In [1]:
# it seems necessary to have this environment variable set before tensorflow is imported, or else it doesn't take effect
import os
os.environ['TF_CPP_MIN_LOG_LEVEL'] = '3' 

import tensorflow as tf
import keras

In [2]:
# 'TF_GPU_ALLOCATOR=cuda_malloc_async'
#import os

# this seem necessary, or else we get memory allocation errors.  Like we do next might
# be better to set this directly through tf instead of indirectly as environment variable
os.environ["TF_GPU_ALLOCATOR"] = "cuda_malloc_async"

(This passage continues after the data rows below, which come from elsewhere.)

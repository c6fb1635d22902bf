-- ===== src/Accounts/Passwords.antt =====
-- app/accounts.py: hash_password and verify_password. The parameters are hashlib.scrypt and the two
-- functions of base64.
use Prim.Native.Char.{code}
use Prim.Native.String.{[] as end_of_text, ◌∷◌ as ◌∷ₜ◌}
use text.Mathlib.Text.{◌==◌ as str_eq}
use computecluster.Prelude.{
  ℕ, String, Bool, false, Option, none, some, List, [], ◌∷◌, ◌≡◌, ◌||◌, ◌==◌, not, if◌then◌else◌,
}
use computecluster.Paths.{same_points}
use computecluster.Batch.Decimal.{decimal}
use computecluster.Batch.Integers.{Integer, int_of}

-- Whether a text has a "$".
unfoldable pub has_dollar : String → Bool
has_dollar end_of_text = false
has_dollar (c ∷ₜ cs) = code c == 36 || has_dollar cs

-- `derive` takes the password, the salt and the costs n, r and p, and is nothing where it raises
-- ValueError; with the costs of the code it derives. What urlsafe_b64encode writes has no "$", and
-- is decoded to what was encoded; decoding is nothing where it raises ValueError.
pub record ScryptFunction : Type 0 where
  pub derive : String → List ℕ → Integer → Integer → Integer → Option (List ℕ)
  pub derives :
      (password : String) (salt : List ℕ)
      → (digest : List ℕ) × (derive password salt
            (Integer.pos 16384)
            (Integer.pos 8)
            (Integer.pos 1)
          ≡ some digest)
  pub b64encode : List ℕ → String
  pub b64decode : String → Option (List ℕ)
  pub decode-encode : (bytes : List ℕ) → b64decode (b64encode bytes) ≡ some bytes
  pub no_dollar : (bytes : List ℕ) → has_dollar (b64encode bytes) ≡ false

abbrev pub scrypt_n : ℕ
scrypt_n = 16384

abbrev pub scrypt_r : ℕ
scrypt_r = 8

abbrev pub scrypt_p : ℕ
scrypt_p = 1

-- A text, a "$" and a text.
unfoldable pub with_dollar : String → String → String
with_dollar end_of_text rest = "$" ∷ₜ rest
with_dollar (c ∷ₜ cs) rest = c ∷ₜ with_dollar cs rest

-- "$".join(fields)
unfoldable pub join_fields : List String → String
unfolding with_dollar
join_fields [] = end_of_text
join_fields (x ∷ []) = x
join_fields (x ∷ y ∷ ys) = with_dollar x (join_fields (y ∷ ys))

-- encoded.split("$")
unfoldable pub split_dollar : String → List String
split_dollar end_of_text = end_of_text ∷ []
split_dollar (c ∷ₜ cs) =
    let rest = split_dollar cs in
    if code c == 36
    then end_of_text ∷ rest
    else elim rest [ [] ↦ (c ∷ₜ end_of_text) ∷ [] | p ∷ ps ↦ (c ∷ₜ p) ∷ ps ]

module _ (scrypt : ScryptFunction) where
  -- The fields that hash_password joins; `salt` is what secrets.token_bytes(16) drew.
  unfoldable pub hash_fields : String → List ℕ → List String
  unfolding decimal
  hash_fields password salt =
      "scrypt"
      ∷ decimal scrypt_n
      ∷ decimal scrypt_r
      ∷ decimal scrypt_p
      ∷ scrypt.b64encode salt
      ∷ scrypt.b64encode (scrypt.derives password salt).0
      ∷ []

  unfoldable pub hash_password : String → List ℕ → String
  unfolding hash_fields join_fields
  hash_password password salt = join_fields (hash_fields password salt)

  -- From the decoded salt and digest on: the costs are read, and the digest is derived again.
  unfoldable pub derives_again :
      String → List ℕ → List ℕ → Option Integer → Option Integer → Option Integer → Bool
  derives_again password salt expected (some n) (some r) (some p) =
      elim (scrypt.derive password salt n r p) [
        | none ↦ false
        | some actual ↦ same_points actual expected
      ]
  derives_again password salt expected _ _ _ = false

  unfoldable pub verify_fields : String → List String → Bool
  unfolding derives_again int_of
  verify_fields password (algorithm ∷ n ∷ r ∷ p ∷ salt_text ∷ digest_text ∷ []) =
      if not (str_eq algorithm "scrypt") then false else elim (scrypt.b64decode salt_text) [
        | none ↦ false
        | some salt ↦ elim (scrypt.b64decode digest_text) [
          | none ↦ false
          | some expected ↦ derives_again password salt expected (int_of n) (int_of r) (int_of p)
        ]
      ]
  verify_fields password _ = false

  unfoldable pub verify_password : String → String → Bool
  unfolding verify_fields split_dollar
  verify_password password encoded = verify_fields password (split_dollar encoded)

# We get a lot of info/warning messages that make it hard to see results here.  This seems
# pretty normal with current tensorflow, so reduce the info/warning noise
# levels are 0=INFO, 1=WARNING, 2=ERROR, NONE
# NOTE: the tf.get_logger() direct call doesn't seem to be working for some reason, environment
# variable works
#tf.get_logger().setLevel(3)


# Check GPU Status / Availability

On linux systems you can and should use the `nvidia-smi` tool to check that the gpu is visible, is active and has drivers installed.  You can run the command from a terminal like the following cell.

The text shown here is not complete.